A simple workflow keeps things clean:
- Pick 5 to 10 strong platforms.
- Complete every profile.
- Map topics to key pages on your site.
- Write one original post per platform.
- Add 1 or 2 natural links in context.
- Track URLs, anchors, and publish dates in a sheet.
The updated list of high DA and PA Web 2.0 submission sites
The table and grouped lists below give you 102 starting points. Many of these domains commonly sit in DA 50+ ranges, but page strength varies, so always verify current metrics and link settings before posting.

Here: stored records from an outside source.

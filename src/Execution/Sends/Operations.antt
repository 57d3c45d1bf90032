-- ===== src/Execution/Sends/Operations.antt =====
-- src/execution/coordinator.ts: every operation of the coordinator keeps the invariant, in any sequence.
use multi_venue_grid_engine.Base.{
  ℕ, ◌≡◌, refl, sym, subst, Bool, true, false, ◌||◌, ◌∙◌, Bool-cases, inl, inr, Option, some, none,
  List, [], ◌∷◌, Text, Outcome, ok, err, text_eq,
}
use multi_venue_grid_engine.Execution.Intents.{RegistryError}
use multi_venue_grid_engine.Execution.RegistryState.{RegistryState}
use multi_venue_grid_engine.Execution.Registry.Terminal.{CallPath}
use multi_venue_grid_engine.Execution.Observations.{ExecutionFacts, ExchangeOrderObservation}
use multi_venue_grid_engine.Execution.CoordinatorState.{
  Coordinator, note_stream_event, stream_reconnect, observe_stream_sequence, observe-registry,
  problem-registry, defer-registry,
}
use multi_venue_grid_engine.Execution.Steps.{Step, Machine, Deps}
use multi_venue_grid_engine.Execution.Steps.Rules.{
  Keeps, Ends, chain, by_if, by_option, keeps_machine,
}
use multi_venue_grid_engine.Execution.Feed.{release, revoke}
use multi_venue_grid_engine.Execution.OrderScan.{
  failed_scan, scan_valid, scan_read, scan_exclusive, cancel_all, cleanup_exclusive,
  planned_cancels, stop_after,
}
use multi_venue_grid_engine.Execution.Operations.{
  occupy, occupy_revoked, releasing, exclusively, submit, submit_batch, cancel,
  reconcile_unresolved, scan_open_orders, cleanup_owned_duplicates, replay_executions,
  ingest_stream_execution, continuation_exclusive, granting, evaluate_continuation, start_cycle,
  after_finally,
}
use multi_venue_grid_engine.Execution.Session.{
  Operation, submits, submits_batch, cancels, reconciles, scans, cleans_up, replays, evaluates,
  ingests, reconnects, starts_cycle, perform_operation, run_operations, finished,
}
use multi_venue_grid_engine.Execution.Sends.{IsGood}
use multi_venue_grid_engine.Execution.Sends.Rules.{
  awaits, modifies, returns-On, reads-On, computes-On,
}
use multi_venue_grid_engine.Execution.Sends.Submit.{submit-Good, submit_batch-Good}
use multi_venue_grid_engine.Execution.Sends.Cancel.{cancel-Good}
use multi_venue_grid_engine.Execution.Sends.Feed.{
  reconcile-Good, replay-Good, ingest-Good, release-Good,
}

module _ {W : Type 0} (D : Deps W) (s0 : RegistryState) where
  failed-Good : (code : Text) → Keeps (IsGood D s0) (failed_scan D code)
  unfolding failed_scan
  failed-Good code = chain (modifies D s0 _ (λ c. refl)) λ _. returns-On D s0 _

  scan_valid-Good :
      (epoch : Text) (orders : List ExchangeOrderObservation) (valid : Bool)
      → Keeps (IsGood D s0) (scan_valid D epoch orders valid)
  unfolding scan_valid
  scan_valid-Good epoch orders false = failed-Good _
  scan_valid-Good epoch orders true = chain (reads-On D s0 _) λ s.
      chain (computes-On D s0 _) λ scan. chain (modifies D s0 _ (λ c. refl)) λ _. returns-On D s0 _

  scan_read-Good :
      (epoch : Text) (snapshot : Option (List ExchangeOrderObservation))
      → Keeps (IsGood D s0) (scan_read D epoch snapshot)
  unfolding scan_read
  scan_read-Good epoch none = failed-Good _
  scan_read-Good epoch (some orders) =
      chain (computes-On D s0 _) λ valid. scan_valid-Good epoch orders valid

  scan-Good : (epoch : Text) → Keeps (IsGood D s0) (scan_exclusive D epoch)
  unfolding scan_exclusive
  scan-Good epoch =
      chain (modifies D s0 _ (λ c. refl))
        λ _. chain (awaits D s0 _) λ snapshot. scan_read-Good epoch snapshot

  cancels-Good :
      (stopped : Option Text) (ids : List Text) → Keeps (IsGood D s0) (cancel_all D stopped ids)
  unfolding cancel_all
  cancels-Good stopped [] = returns-On D s0 _
  cancels-Good stopped (x ∷ xs) = chain (reads-On D s0 _) λ s. chain (computes-On D s0 _) λ id.
      by_option stopped
        (chain (cancel-Good D s0 id) λ result. chain (reads-On D s0 _) λ s'.
          chain (computes-On D s0 _)
            λ status. chain (cancels-Good (stop_after status) xs) λ rest. returns-On D s0 _)
        λ code.
          chain (computes-On D s0 _)
            λ status. chain (cancels-Good (some code) xs) λ rest. returns-On D s0 _

  cleanup-Good : (epoch : Text) → Keeps (IsGood D s0) (cleanup_exclusive D epoch)
  unfolding cleanup_exclusive
  cleanup-Good epoch =
      chain (scan-Good epoch) λ scan.
        chain (cancels-Good none (planned_cancels scan.duplicates)) λ done. returns-On D s0 _

  granting-Good : (rounds : ℕ) (epoch : Text) → Keeps (IsGood D s0) (granting D rounds epoch)
  unfolding granting continuation_exclusive
  granting-Good rounds epoch =
      chain
        (chain (reconcile-Good D s0) λ _. chain (scan-Good epoch) λ _. chain (replay-Good D s0) λ _.
          chain (reads-On D s0 _) λ reservation. chain (awaits D s0 _) λ inputs.
            chain (awaits D s0 _) λ view. chain (reads-On D s0 _) λ blockers. returns-On D s0 _)
        λ decision. chain (modifies D s0 _ (λ c. refl)) λ _. returns-On D s0 _

  after_release {ℓ} :
      {A : Type ℓ} (r : Outcome RegistryError A)
      (freed : Outcome RegistryError (Unit {0}) × Machine W)
      → IsGood D s0 freed.1
      → Ends (λ _. IsGood D s0) (IsGood D s0) (after_finally r freed.0, freed.1)
  after_release (ok a) (ok u, m) p = p
  after_release (err e) (ok u, m) p = p
  after_release r (err e, m) p = p

  releasing-Good {ℓ} :
      {A : Type ℓ} (rounds : ℕ) (finally : Coordinator → Coordinator) (body : Step W A)
      → ((c : Coordinator) → (finally c).registry ≡ c.registry)
      → Keeps (IsGood D s0) body
      → Keeps (IsGood D s0) (releasing D rounds finally body)
  unfolding releasing
  releasing-Good rounds finally body same keeps = record {
    run = λ m p.
        let ran = keeps_machine body keeps m p in
        let left = record (body m).1 { coordinator = finally (body m).1.coordinator } in
        after_release (body m).0 (release D rounds left) (
          release-Good D s0 rounds left (record {
            path =
                subst (CallPath D.decimal_js D.sha256_hex D.intent_fingerprint s0)
                  (sym (same (body m).1.coordinator)) ran.path;
            sends = ran.sends;
          }));
  }

  exclusively-Good {ℓ} :
      {A : Type ℓ} (answer : A) (rounds : ℕ) (enter finally : Coordinator → Coordinator)
      {body : Step W A}
      → ((c : Coordinator) → (enter c).registry ≡ c.registry)
      → ((c : Coordinator) → (finally c).registry ≡ c.registry)
      → Keeps (IsGood D s0) body
      → Keeps (IsGood D s0) (exclusively D rounds answer enter finally body)
  unfolding exclusively
  exclusively-Good answer rounds enter finally same same' keeps = chain (reads-On D s0 _) λ busy.
      by_if busy (returns-On D s0 _)
        (chain (modifies D s0 enter same) λ _. releasing-Good rounds finally _ same' keeps)

  note-registry :
      (c : Coordinator) (t : Option Text) → (note_stream_event c t).0.registry ≡ c.registry
  unfolding note_stream_event
  note-registry c t =
      problem-registry (observe_stream_sequence (record c { continuation_granted = false }) t).0 _
      ∙ observe-registry (record c { continuation_granted = false }) t

  ingest_stream-Good :
      (rounds : ℕ) (facts : ExecutionFacts) (sequence : Option Text)
      → Keeps (IsGood D s0) (ingest_stream_execution D rounds facts sequence)
  unfolding ingest_stream_execution
  ingest_stream-Good rounds facts sequence = chain (reads-On D s0 _) λ problem.
      chain (modifies D s0 _ (λ c. note-registry c sequence)) λ _. chain (reads-On D s0 _) λ c.
        by_if (c.busy || c.journal_failed)
          (chain (modifies D s0 _ (λ c. defer-registry c facts)) λ _. returns-On D s0 _)
          (chain (modifies D s0 occupy (λ c. refl))
            λ _. releasing-Good rounds (λ c. c) _ (λ c. refl) (ingest-Good D s0 facts _))

  start_cycle-registry : (c : Coordinator) → (start_cycle c).0.registry ≡ c.registry
  unfolding start_cycle
  start_cycle-registry c = elim (Bool-cases c.busy) [ inl e ↦ rw e refl | inr e ↦ rw e refl ]

  reconnect-registry : (c : Coordinator) → (stream_reconnect c).registry ≡ c.registry
  unfolding stream_reconnect
  reconnect-registry c = refl

  finish {ℓ} :
      {A : Type ℓ} {step : Step W A}
      → Keeps (IsGood D s0) step
      → Keeps (IsGood D s0) (finished step)
  finish keeps = chain keeps λ _. returns-On D s0 _

  kept : (rounds : ℕ) (op : Operation) → Keeps (IsGood D s0) (perform_operation D rounds op)
  unfolding perform_operation submit submit_batch cancel reconcile_unresolved scan_open_orders
      cleanup_owned_duplicates replay_executions evaluate_continuation
  kept rounds (submits i) =
      finish (exclusively-Good _ rounds occupy revoke (λ c. refl) (λ c. refl) (submit-Good D s0 i))
  kept rounds (submits_batch is) =
      finish (
        exclusively-Good _ rounds occupy revoke (λ c. refl) (λ c. refl) (submit_batch-Good D s0 is))
  kept rounds (cancels id) = finish (
      exclusively-Good _ rounds occupy_revoked (λ c. c) (λ c. refl) (λ c. refl)
        (cancel-Good D s0 id))
  kept rounds reconciles = finish (
      exclusively-Good _ rounds occupy_revoked (λ c. c) (λ c. refl) (λ c. refl)
        (reconcile-Good D s0))
  kept rounds (scans epoch) =
      finish (
        exclusively-Good _ rounds occupy_revoked (λ c. c) (λ c. refl) (λ c. refl) (scan-Good epoch))
  kept rounds (cleans_up epoch) = finish (
      exclusively-Good _ rounds occupy_revoked (λ c. c) (λ c. refl) (λ c. refl)
        (cleanup-Good epoch))
  kept rounds replays =
      finish (
        exclusively-Good _ rounds occupy_revoked (λ c. c) (λ c. refl) (λ c. refl)
          (replay-Good D s0))
  kept rounds (evaluates epoch) = finish (
      exclusively-Good _ rounds occupy_revoked (λ c. c) (λ c. refl) (λ c. refl)
        (granting-Good rounds epoch))
  kept rounds (ingests facts sequence) = finish (ingest_stream-Good rounds facts sequence)
  kept rounds reconnects = modifies D s0 stream_reconnect reconnect-registry
  kept rounds starts_cycle = modifies D s0 _ start_cycle-registry

  pub run-Good :
      (rounds : ℕ) (ops : List Operation) (m : Machine W)
      → IsGood D s0 m
      → IsGood D s0 (run_operations D rounds ops m)
  unfolding run_operations
  run-Good rounds [] m p = p
  run-Good rounds (op ∷ ops) m p =
      run-Good rounds ops _ (keeps_machine (perform_operation D rounds op) (kept rounds op) m p)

Best all-purpose platforms for long-form publishing
| Site | DA tier | Best use |
|---|---|---|
| WordPress.com | 90+ | Full blog posts |
| Blogger.com | 90+ | Easy article publishing |
| Sites.Google.com | 90+ | Resource pages |
| Medium.com | 90+ | Thought leadership |
| Tumblr.com | 70-89 | Short and visual posts |
| Weebly.com | 70-89 | Simple microsites |
| Wix.com | 90+ | Landing pages |
| Jimdo.com | 70-89 | Small content hubs |
| Strikingly.com | 70-89 | One-page sites |
| Site123.com | 70-89 | Quick site builds |
| Webnode.com | 70-89 | Small business pages |
| Yola.com | 50-69 | Basic web pages |
| Ucoz.com | 50-69 | Support sites |
| Over-Blog.com | 50-69 | Blog-style posts |
| LiveJournal.com | 70-89 | Journal content |
| HubPages.com | 70-89 | Evergreen articles |
Good choices for short content, profiles, and visual pages
About.me, Carrd.co, Beacons.ai, Linktree, Taplink, Bio.site, Solo.to, Canva Sites, DeviantArt.com, Behance.net, Dribbble.com, Flickr.com, Issuu.com, Scribd.com, SlideShare.net, SpeakerDeck.com, Quora Spaces, Medium Publications, Evernote.com, Google Docs Publish, Google Drive Public, JustPaste.it, Wikidot.com, Goodreads.com, Instructables.com, Xing.com, Diigo.com, Pearltrees.com, Wakelet.com, Padlet.com, Note.com, Box.com, Last.fm, SoundCloud.com, Vimeo.com, Bandcamp.com, Mixcloud.com, ArtStation.com, ProductHunt.com, Crunchbase.com, Patreon.com, Ko-fi.com, BuyMeACoffee.com.
Niche platforms worth testing for stronger relevance
GitBook.com, Tilda.cc, Leadpages.net, Webflow.io, Edublogs.org, Typehut.com, Webgarden.com, Mystrikingly.site, Rediff Blogs, Start.me, Typepad.com, Slashdot.org, Blog.fc2.com, GitHub Pages, GitLab Pages, SourceForge.net, CodePen.io, JSFiddle.net, Replit.com, Kaggle.com, Adobe Portfolio, Portfoliobox.com, Carbonmade.com, Mozello.com, Ucraft.com, Doodlekit.com, Svbtle.com, Write.as, Hashnode.com, Teletype.in, Postach.io, Vocal.media, Penzu.com, Coda.io, Nuclino.com, Slite.com, Read the Docs, Substack.com, Notion.site, Zoho Sites, Bravenet.com, Page.tl, Pen.io.
Final thoughts
Web 2.0 submission sites still work when you treat them like real publishing platforms, not link drops. The winning approach is simple: use strong domains, post original content, vary anchors, and publish at a steady pace.
Start with a few trusted platforms and build them well. A small group of useful, well-written properties will do more for SEO than a pile of rushed submissions.